---------- MATERIAL PROVIDED
-- ===== src/Session/Input/Tests.antt =====
-- Runs of the controllers, and their theorem at one that is connected.
use booster_nx.Common.{◌≡◌, refl, Bool, true, false, some, List, [], ◌∷◌, replicate, map}
use booster_nx.Common.Int.{ℤ, pos, negsuc, ◌-ℤ◌, ◌+ℤ◌}
use booster_nx.Session.Input.{
  button, axis, pad, connected_as, disconnected, ControllerState, Controllers, no_controller,
  resting_axes, update, update_buttons, update_axes, controller_connect, controller_disconnect,
  handle_ack,
}
use booster_nx.Session.Input.Mirror.{View, receive_all, IsMirror, Knows, update-Knows}

abbrev held : ControllerState
held = record no_controller { connected = true; server_id = pos 4; last_axes = resting_axes }

abbrev seen : View
seen = record { buttons = replicate 10 false; axes = resting_axes; hat = 0 }

abbrev pressed : List Bool
pressed = true ∷ replicate 9 false

-- The stick moves by more than the threshold, a trigger by less.
abbrev moved : List ℤ
moved = pos 1300 ∷ pos 0 ∷ negsuc 31999 ∷ pos 0 ∷ pos 0 ∷ negsuc 32766 ∷ []

sent_for_moves :
    (update held pressed moved 2).1
    ≡ button (pos 4) 0 true ∷ axis (pos 4) 0 (pos 1300) ∷ pad (pos 4) 2 ∷ []
unfolding update_buttons update_axes ◌-ℤ◌ ◌+ℤ◌
sent_for_moves = refl

abbrev none_connected : Controllers
none_connected = record { states = replicate 8 no_controller; sent = [] }

-- Index 8 is out of range, and a second connect of the same index sends nothing.
connects :
    (controller_connect
      (controller_connect (controller_connect none_connected (pos 1) (80 ∷ [])) (pos 8) (80 ∷ []))
      (pos 1)
      (81 ∷ [])).sent
    ≡ connected_as (80 ∷ 35 ∷ 49 ∷ []) ∷ []
unfolding controller_connect
connects = refl

disconnects :
    (controller_disconnect (controller_connect none_connected (pos 1) []) (pos 1)).sent
    ≡ connected_as (35 ∷ 49 ∷ []) ∷ disconnected (pos 1) ∷ []
unfolding controller_connect controller_disconnect
disconnects = refl

-- The acknowledgement goes to the controller of that name.
acks :
    map
      (λ c. c.server_id)
      (handle_ack
        (no_controller ∷ record held { pending_name = 35 ∷ [] } ∷ held ∷ [])
        []
        (some (pos 77)))
    ≡ negsuc 0 ∷ pos 4 ∷ pos 77 ∷ []
unfolding handle_ack
acks = refl

update-Knows_example :
    IsMirror (receive_all seen (update held pressed moved 2).1) (update held pressed moved 2).0
    × Knows (receive_all seen (update held pressed moved 2).1) pressed moved 2
update-Knows_example = update-Knows held seen pressed moved 2 refl (refl, refl, refl) refl refl
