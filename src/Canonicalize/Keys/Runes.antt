-- ===== src/Canonicalize/Keys/Runes.antt =====
-- The order of utf16Less by the runes of the keys, without their UTF-16 units
-- (internal/canonicalize/canonicalize.go).
use Prim.Native.Char.{code}
use atb.Prelude.{ℕ, ◌<◌, ◌≡◌, ◌⊎◌, ◌↔◌, inl, inr, String, true, List, [], ◌∷◌, ◌++◌, codes, arith}
use atb.Canonicalize.Keys.{utf16, units_of, units, less_units, utf16_less}
use atb.Canonicalize.Keys.Laws.{IsRune, code-IsRune}

-- Runes are ordered by their code points, but those from 0x10000 on come before those from 0xE000 to
-- 0xFFFF.
abbrev pub IsRuneBefore : ℕ → ℕ → Type 0
IsRuneBefore a b =
    ((a < b) × ((a < 0xe000) ⊎ ((b < 0x10000) ⊎ (0xffff < a))))
    ⊎ ((0xffff < a) × (0xdfff < b) × (b < 0x10000))

-- Keys are ordered by the first rune that differs; a key comes before those that go on behind it.
abbrev pub IsBefore : List ℕ → List ℕ → Type 0
IsBefore [] [] = ⊥
IsBefore [] (b ∷ t) = Unit
IsBefore (a ∷ s) [] = ⊥
IsBefore (a ∷ s) (b ∷ t) = IsRuneBefore a b ⊎ ((a ≡ b) × IsBefore s t)

less_units-utf16 :
    (a b : ℕ) (x y : List ℕ)
    → IsRune a
    → IsRune b
    → less_units (utf16 a ++ x) (utf16 b ++ y) ≡ true
    → IsRuneBefore a b ⊎ ((a ≡ b) × (less_units x y ≡ true))
unfolding less_units utf16
less_units-utf16 a b x y ha hb h = ground arith

utf16-less_units :
    (a b : ℕ) (x y : List ℕ)
    → IsRune a
    → IsRune b
    → IsRuneBefore a b ⊎ ((a ≡ b) × (less_units x y ≡ true))
    → less_units (utf16 a ++ x) (utf16 b ++ y) ≡ true
unfolding less_units utf16
utf16-less_units a b x y ha hb h = ground arith

some_units : (a : ℕ) (x : List ℕ) → less_units [] (utf16 a ++ x) ≡ true
unfolding utf16 less_units
some_units a x = ground arith

no_units : (a : ℕ) (x : List ℕ) → less_units (utf16 a ++ x) [] ≡ true → ⊥
unfolding utf16 less_units
no_units a x h = ground arith

units_of-IsBefore :
    (s t : String)
    → (less_units (units_of (codes s)) (units_of (codes t)) ≡ true) ↔ IsBefore (codes s) (codes t)
unfolding units_of less_units
units_of-IsBefore String.[] String.[] = (λ h. cc h, λ h. absurd h)
units_of-IsBefore String.[] (String.◌∷◌ d t) =
    (λ h. tt, λ h. some_units (code d) (units_of (codes t)))
units_of-IsBefore (String.◌∷◌ c s) String.[] =
    (λ h. absurd (no_units (code c) (units_of (codes s)) h), λ h. absurd h)
units_of-IsBefore (String.◌∷◌ c s) (String.◌∷◌ d t) =
    let rest = units_of-IsBefore s t in
    let first =
      less_units-utf16 (code c) (code d) (units_of (codes s)) (units_of (codes t)) (code-IsRune c)
        (code-IsRune d) in
    let back =
      utf16-less_units (code c) (code d) (units_of (codes s)) (units_of (codes t)) (code-IsRune c)
        (code-IsRune d) in
    (
      λ h. elim (first h) [ inl b ↦ inl b | inr (same, l) ↦ inr (same, rest.0 l) ],
      λ h. back (elim h [ inl b ↦ inl b | inr (same, l) ↦ inr (same, rest.1 l) ]),
    )

pub utf16_less-IsBefore : (a b : String) → (utf16_less a b ≡ true) ↔ IsBefore (codes a) (codes b)
unfolding utf16_less units
utf16_less-IsBefore a b = units_of-IsBefore a b
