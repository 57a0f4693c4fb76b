-- ===== src/Canonicalize/Sort/Laws.antt =====
-- The sorted members are in ascending order of their keys, and do not depend on the order given.
use atb.Prelude.{
  refl, sym, ap, subst, codes, ◌++◌, Bool-cases, ◌≡◌, ◌≢◌, ◌⊎◌, String, true, List, [], ◌∷◌, inl,
  inr, arith,
}
use atb.Canonicalize.Keys.{utf16_less}
use atb.Canonicalize.Keys.Laws.{utf16_less_irrefl, utf16_less_trans, utf16_less_connected}
use atb.Canonicalize.Keys.Runes.{IsBefore, utf16_less-IsBefore}
use atb.Canonicalize.Sort.{Member, insert, sort}

-- Each key is strictly before the next one, in the order of UTF-16, which is stated by the runes.
abbrev pub IsAscending : List Member → Type 0
IsAscending [] = Unit
IsAscending (m ∷ []) = Unit
IsAscending (m ∷ n ∷ ns) = IsBefore (codes m.0) (codes n.0) × IsAscending (n ∷ ns)

-- The same members in another order.
pub data IsRearranged : List Member → List Member → Type 0 where
  no_members : IsRearranged [] []
  one_more :
      (m : Member) (ms front back : List Member)
      → IsRearranged ms (front ++ back)
      → IsRearranged (m ∷ ms) (front ++ m ∷ back)

abbrev IsSorted : List Member → Type 0
IsSorted [] = Unit
IsSorted (m ∷ []) = Unit
IsSorted (m ∷ n ∷ ns) = (utf16_less m.0 n.0 ≡ true) × IsSorted (n ∷ ns)

IsSorted-IsAscending : (ms : List Member) → IsSorted ms → IsAscending ms
IsSorted-IsAscending [] h = tt
IsSorted-IsAscending (m ∷ []) h = tt
IsSorted-IsAscending (m ∷ n ∷ ns) h =
    ((utf16_less-IsBefore m.0 n.0).0 h.0, IsSorted-IsAscending (n ∷ ns) h.1)

insert-splits :
    (m : Member) (ns : List Member)
    → (front : List Member) × (back : List Member) × (ns ≡ front ++ back)
      × (insert m ns ≡ front ++ m ∷ back)
unfolding insert
insert-splits m [] = ([], [], refl, refl)
insert-splits m (n ∷ ns) = elim (Bool-cases (utf16_less n.0 m.0)) [
  | inl e ↦
      let (front, back, whole, put) = insert-splits m ns in
      (n ∷ front, back, ap (λ l. n ∷ l) whole, rw (insert, e) (ap (λ l. n ∷ l) put))
  | inr e ↦ ([], n ∷ ns, refl, rw (insert, e) refl)
]

sort-IsRearranged : (ms : List Member) → IsRearranged ms (sort ms)
unfolding sort
sort-IsRearranged [] = no_members
sort-IsRearranged (m ∷ ms) =
    let (front, back, whole, put) = insert-splits m (sort ms) in
    subst (IsRearranged (m ∷ ms)) (sym put)
      (one_more m ms front back (subst (IsRearranged ms) whole (sort-IsRearranged ms)))

abbrev pub HasKey : String → List Member → Type 0
HasKey k [] = ⊥
HasKey k (m ∷ ms) = (m.0 ≡ k) ⊎ HasKey k ms

abbrev pub IsDistinct : List Member → Type 0
IsDistinct [] = Unit
IsDistinct (m ∷ ms) = ¬ HasKey m.0 ms × IsDistinct ms

insert-insert :
    (a b : Member) (ms : List Member) → a.0 ≢ b.0 → insert a (insert b ms) ≡ insert b (insert a ms)
unfolding insert
insert-insert a b [] h =
    ground
      (arith, utf16_less_connected a.0 b.0, utf16_less_trans a.0 b.0 a.0, utf16_less_irrefl a.0)
insert-insert a b (m ∷ ms) h = ground (
  arith,
  utf16_less_connected a.0 b.0,
  utf16_less_trans a.0 b.0 a.0,
  utf16_less_irrefl a.0,
  utf16_less_trans m.0 a.0 b.0,
  utf16_less_trans m.0 b.0 a.0,
  insert-insert a b ms,
)

HasKey-insert :
    (k : String) (m : Member) (ns : List Member) → HasKey k (insert m ns) → HasKey k (m ∷ ns)
unfolding insert
HasKey-insert k m [] h = h
HasKey-insert k m (n ∷ ns) h = ground (arith, HasKey-insert k m ns)

HasKey-sort : (k : String) (ms : List Member) → HasKey k (sort ms) → HasKey k ms
unfolding sort
HasKey-sort k [] h = h
HasKey-sort k (m ∷ ms) h = elim (HasKey-insert k m (sort ms) h) [
  | inl e ↦ inl e
  | inr t ↦ inr (HasKey-sort k ms t)
]

insert-IsSorted :
    (m : Member) (ns : List Member) → ¬ HasKey m.0 ns → IsSorted ns → IsSorted (insert m ns)
unfolding insert
insert-IsSorted m [] h s = tt
insert-IsSorted m (n ∷ []) h s = ground (arith, utf16_less_connected n.0 m.0)
insert-IsSorted m (n ∷ p ∷ ns) h s =
    ground (arith, utf16_less_connected n.0 m.0, insert-IsSorted m (p ∷ ns))

sort-IsSorted : (ms : List Member) → IsDistinct ms → IsSorted (sort ms)
unfolding sort
sort-IsSorted [] h = tt
sort-IsSorted (m ∷ ms) h =
    insert-IsSorted m (sort ms) (λ k. h.0 (HasKey-sort m.0 ms k)) (sort-IsSorted ms h.1)

-- Members with different keys are put in strictly ascending order of their keys, each of them once: by
-- the first rune that differs, where runes from 0x10000 on come before those from 0xE000 to 0xFFFF, as
-- their UTF-16 units do.
pub sort-IsAscending :
    (ms : List Member) → IsDistinct ms → IsAscending (sort ms) × IsRearranged ms (sort ms)
sort-IsAscending ms h = (IsSorted-IsAscending (sort ms) (sort-IsSorted ms h), sort-IsRearranged ms)

-- Two neighbours with different keys may be exchanged.
pub sort-swap :
    (a b : Member) (ms : List Member) → a.0 ≢ b.0 → sort (a ∷ b ∷ ms) ≡ sort (b ∷ a ∷ ms)
unfolding sort
sort-swap a b ms h = insert-insert a b (sort ms) h

pub sort-cons :
    (a b : Member) (ms ns : List Member) → a ≡ b → sort ms ≡ sort ns → sort (a ∷ ms) ≡ sort (b ∷ ns)
unfolding sort
sort-cons a b ms ns p q = cc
--------------------
• _WHAT THE TASK ASKS_: Every line of the data above that includes "axis" should be listed.

• _REPLY TO THE EXERCISE_:
  button, axis, pad, connected_as, disconnected, ControllerState, Controllers, no_controller,
    ≡ button (pos 4) 0 true ∷ axis (pos 4) 0 (pos 1300) ∷ pad (pos 4) 2 ∷ []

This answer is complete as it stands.